● Records shown
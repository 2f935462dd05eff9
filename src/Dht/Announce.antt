-- ===== src/Dht/Announce.antt =====
-- pkg/dht/lookup.go, `Announce`: the address is left with the nodes that the search ended with, as
-- far as they gave a token. Whether a node takes it is a function.
mod Tests
use vapora.Base.{
  ℕ, zero, suc, ◌+◌, Bool, true, false, Option, none, some, List, [], ◌∷◌, ◌==◌, if◌then◌else◌,
  Bytes, Result, ok, err,
}
use vapora.Base.Int.{pos}
use vapora.Base.Dict.{lookup}
use vapora.Net.{UdpAddr, addr_eq}
use vapora.Dht.Bencode.{Dict, entry, no_entries, text, number}
use vapora.Dht.Node.{Node}
use vapora.Dht.Lookup.{Found, LookupError, no_nodes, not_announced, Network, search_from}

-- The arguments of `announce_peer`, in the order of their keys.
abbrev pub announce_args : Bytes → ℕ → Bytes → Dict
announce_args key port token =
    entry (b'i' ∷ b'm' ∷ b'p' ∷ b'l' ∷ b'i' ∷ b'e' ∷ b'd' ∷ b'_' ∷ b'p' ∷ b'o' ∷ b'r' ∷ b't' ∷ [])
      (number (pos 0))
      (entry (b'i' ∷ b'n' ∷ b'f' ∷ b'o' ∷ b'_' ∷ b'h' ∷ b'a' ∷ b's' ∷ b'h' ∷ []) (text key) (
        entry (b'p' ∷ b'o' ∷ b'r' ∷ b't' ∷ []) (number (pos port))
          (entry (b't' ∷ b'o' ∷ b'k' ∷ b'e' ∷ b'n' ∷ []) (text token) no_entries)))

-- The loop over the nodes: who is asked to keep the address, and with which arguments.
unfoldable pub announcements :
    Bytes → ℕ → List (UdpAddr × Bytes) → List Node → List (UdpAddr × Dict)
announcements key port tokens [] = []
announcements key port tokens (n ∷ ns) =
    let rest = announcements key port tokens ns in
    elim (lookup addr_eq n.addr tokens) [
      | none ↦ rest
      | some token ↦ (n.addr, announce_args key port token) ∷ rest
    ]

unfoldable pub accepted : (UdpAddr → Dict → Bool) → List (UdpAddr × Dict) → ℕ
accepted takes [] = 0
accepted takes ((addr, args) ∷ rest) = (if takes addr args then 1 else 0) + accepted takes rest

-- `Announce`: the peers it learns of, and the error.
unfoldable pub announce :
    Network → (UdpAddr → Dict → Bool) → Bytes → ℕ → List Node → List UdpAddr × Option LookupError
announce network takes key port seeds = elim (search_from network key seeds) [
  | err e ↦ ([], some e)
  | ok f ↦
      if f.answered == 0
      then ([], some no_nodes)
      else if accepted takes (announcements key port f.tokens f.near) == 0
      then (f.peers, some not_announced)
      else (f.peers, none)
]
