-- ===== src/Dht/Announce/Tests.antt =====
-- One node that gives a token and takes the address, for `Announce` of pkg/dht/lookup.go.
use vapora.Base.{◌≡◌, refl, true, none, some, [], ◌∷◌, replicate, bytes_eq}
use vapora.Net.{v4, addr_eq, ip_eq}
use vapora.Dht.Bencode.{text, no_entries, entry, get_text, get_list, get}
use vapora.Dht.Node.{Node, closer}
use vapora.Dht.Lookup.{
  Network, not_announced, search_from, search_rounds, next, sort_nodes, sort_node, pick, ask_all,
  ask, fold_reply, reply_id, name_node, same_addr,
}
use vapora.Dht.Announce.{announce, announcements, accepted}

abbrev seed : Node
seed = record { id = replicate 20 0; addr = record { ip = v4 203 0 113 1; port = 6881 } }

abbrev with_token : Network
with_token round node =
    some (entry (b't' ∷ b'o' ∷ b'k' ∷ b'e' ∷ b'n' ∷ []) (text (7 ∷ [])) no_entries)

abbrev without : Network
without round node = some no_entries

announced_run :
    announce with_token (λ addr args. true) (replicate 20 3) 4000 (seed ∷ []) ≡ ([], none)
unfolding announce announcements accepted search_from search_rounds next sort_nodes sort_node pick
    ask_all ask fold_reply reply_id name_node same_addr get_text get_list get bytes_eq addr_eq ip_eq
    closer
announced_run = refl

refused_run :
    announce without (λ addr args. true) (replicate 20 3) 4000 (seed ∷ [])
    ≡ ([], some not_announced)
unfolding announce announcements accepted search_from search_rounds next sort_nodes sort_node pick
    ask_all ask fold_reply reply_id name_node same_addr get_text get_list get bytes_eq addr_eq ip_eq
    closer
refused_run = refl
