-- ===== src/Dht/Bencode/Ordered.antt =====
-- pkg/dht/bencode.go: dictionaries in key order, which sorting leaves and decoding rebuilds.
use vapora.Base.{
  ◌^◌, ◌<◌, ◌≡◌, refl, ap, true, false, ◌∷◌, ◌++◌, length, Bytes, bytes_eq, bytes_less,
  bytes_less-bytes_eq,
}
use vapora.Base.Decimal.{Fits64}
use vapora.Dht.Bencode.{
  Value, text, number, list_of, dict_of, Items, no_items, item, Dict, no_entries, entry, sort_in,
  sorted, encode_text, encode, encode_entries, put_entry,
}

-- Every key is larger.
abbrev pub Above : Bytes → Dict → Type 0
Above key no_entries = Unit
Above key (entry k v d) = (bytes_less key k ≡ true) × Above key d

-- Strings of fewer than 10^11 bytes, integers of 64 bits, and dictionaries in key order.
unfoldable mutual
  pub IsCanonical : Value → Type 0
  IsCanonical (text t) = length t < 10 ^ 11
  IsCanonical (number n) = Fits64 n
  IsCanonical (list_of vs) = AreCanonical vs
  IsCanonical (dict_of d) = IsOrdered d

  pub AreCanonical : Items → Type 0
  AreCanonical no_items = Unit
  AreCanonical (item v vs) = IsCanonical v × AreCanonical vs

  pub IsOrdered : Dict → Type 0
  IsOrdered no_entries = Unit
  IsOrdered (entry k v d) = (length k < 10 ^ 11) × IsCanonical v × Above k d × IsOrdered d

pub sort_in-Above :
    (key v : Bytes) (d : Dict)
    → Above key d
    → sort_in key v (encode_entries d) ≡ (key, v) ∷ encode_entries d
unfolding sort_in encode
sort_in-Above key v no_entries h = refl
sort_in-Above key v (entry k w d) (l, h) = rw l refl

pub sorted-encode_entries : (d : Dict) → IsOrdered d → sorted (encode_entries d) ≡ encode_entries d
unfolding sorted encode IsCanonical
sorted-encode_entries no_entries h = refl
sorted-encode_entries (entry k v d) (l, c, a, o) =
    rw (sorted-encode_entries d o) (sort_in-Above k (encode_text k ++ encode v) d a)

unfoldable pub append_dict : Dict → Dict → Dict
append_dict no_entries e = e
append_dict (entry k v d) e = entry k v (append_dict d e)

abbrev pub Absent : Bytes → Dict → Type 0
Absent key no_entries = Unit
Absent key (entry k v d) = (bytes_eq k key ≡ false) × Absent key d

abbrev pub Fresh : Dict → Dict → Type 0
Fresh acc no_entries = Unit
Fresh acc (entry k v d) = Absent k acc × Fresh acc d

pub put_entry-Absent :
    (key : Bytes) (v : Value) (acc : Dict)
    → Absent key acc
    → put_entry key v acc ≡ append_dict acc (entry key v no_entries)
unfolding put_entry append_dict
put_entry-Absent key v no_entries h = refl
put_entry-Absent key v (entry k w d) (ne, h) = rw ne (ap (entry k w) (put_entry-Absent key v d h))

pub append_dict_assoc :
    (acc : Dict) (k : Bytes) (v : Value) (d : Dict)
    → append_dict (append_dict acc (entry k v no_entries)) d ≡ append_dict acc (entry k v d)
unfolding append_dict
append_dict_assoc no_entries k v d = refl
append_dict_assoc (entry j w acc) k v d = ap (entry j w) (append_dict_assoc acc k v d)

pub Absent-append_dict :
    (key : Bytes) (acc : Dict) (k : Bytes) (v : Value)
    → Absent key acc
    → bytes_eq k key ≡ false
    → Absent key (append_dict acc (entry k v no_entries))
unfolding append_dict
Absent-append_dict key no_entries k v h ne = (ne, tt)
Absent-append_dict key (entry j w acc) k v (a, h) ne = (a, Absent-append_dict key acc k v h ne)

pub Fresh-append_dict :
    (acc : Dict) (k : Bytes) (v : Value) (d : Dict)
    → Fresh acc d
    → Above k d
    → Fresh (append_dict acc (entry k v no_entries)) d
Fresh-append_dict acc k v no_entries f a = tt
Fresh-append_dict acc k v (entry j w d) (f, fs) (l, a) =
    (Absent-append_dict j acc k v f (bytes_less-bytes_eq k j l), Fresh-append_dict acc k v d fs a)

● Action item
Return exactly the opening lines of the listing above, ending with the line that has "announce network takes".

● Solution to the exercise
repository 2f935462dd05eff9
filename src/Dht/Announce.antt
-- ===== src/Dht/Announce.antt =====
-- pkg/dht/lookup.go, `Announce`: the address is left with the nodes that the search ended with, as
-- far as they gave a token. Whether a node takes it is a function.
mod Tests
use vapora.Base.{
  ℕ, zero, suc, ◌+◌, Bool, true, false, Option, none, some, List, [], ◌∷◌, ◌==◌, if◌then◌else◌,
  Bytes, Result, ok, err,
}
use vapora.Base.Int.{pos}
use vapora.Base.Dict.{lookup}
use vapora.Net.{UdpAddr, addr_eq}
use vapora.Dht.Bencode.{Dict, entry, no_entries, text, number}
use vapora.Dht.Node.{Node}
use vapora.Dht.Lookup.{Found, LookupError, no_nodes, not_announced, Network, search_from}

-- The arguments of `announce_peer`, in the order of their keys.
abbrev pub announce_args : Bytes → ℕ → Bytes → Dict
announce_args key port token =
    entry (b'i' ∷ b'm' ∷ b'p' ∷ b'l' ∷ b'i' ∷ b'e' ∷ b'd' ∷ b'_' ∷ b'p' ∷ b'o' ∷ b'r' ∷ b't' ∷ [])
      (number (pos 0))
      (entry (b'i' ∷ b'n' ∷ b'f' ∷ b'o' ∷ b'_' ∷ b'h' ∷ b'a' ∷ b's' ∷ b'h' ∷ []) (text key) (
        entry (b'p' ∷ b'o' ∷ b'r' ∷ b't' ∷ []) (number (pos port))
          (entry (b't' ∷ b'o' ∷ b'k' ∷ b'e' ∷ b'n' ∷ []) (text token) no_entries)))

-- The loop over the nodes: who is asked to keep the address, and with which arguments.
unfoldable pub announcements :
    Bytes → ℕ → List (UdpAddr × Bytes) → List Node → List (UdpAddr × Dict)
announcements key port tokens [] = []
announcements key port tokens (n ∷ ns) =
    let rest = announcements key port tokens ns in
    elim (lookup addr_eq n.addr tokens) [
      | none ↦ rest
      | some token ↦ (n.addr, announce_args key port token) ∷ rest
    ]

unfoldable pub accepted : (UdpAddr → Dict → Bool) → List (UdpAddr × Dict) → ℕ
accepted takes [] = 0
accepted takes ((addr, args) ∷ rest) = (if takes addr args then 1 else 0) + accepted takes rest

-- `Announce`: the peers it learns of, and the error.
unfoldable pub announce :
    Network → (UdpAddr → Dict → Bool) → Bytes → ℕ → List Node → List UdpAddr × Option LookupError
announce network takes key port seeds = elim (search_from network key seeds) [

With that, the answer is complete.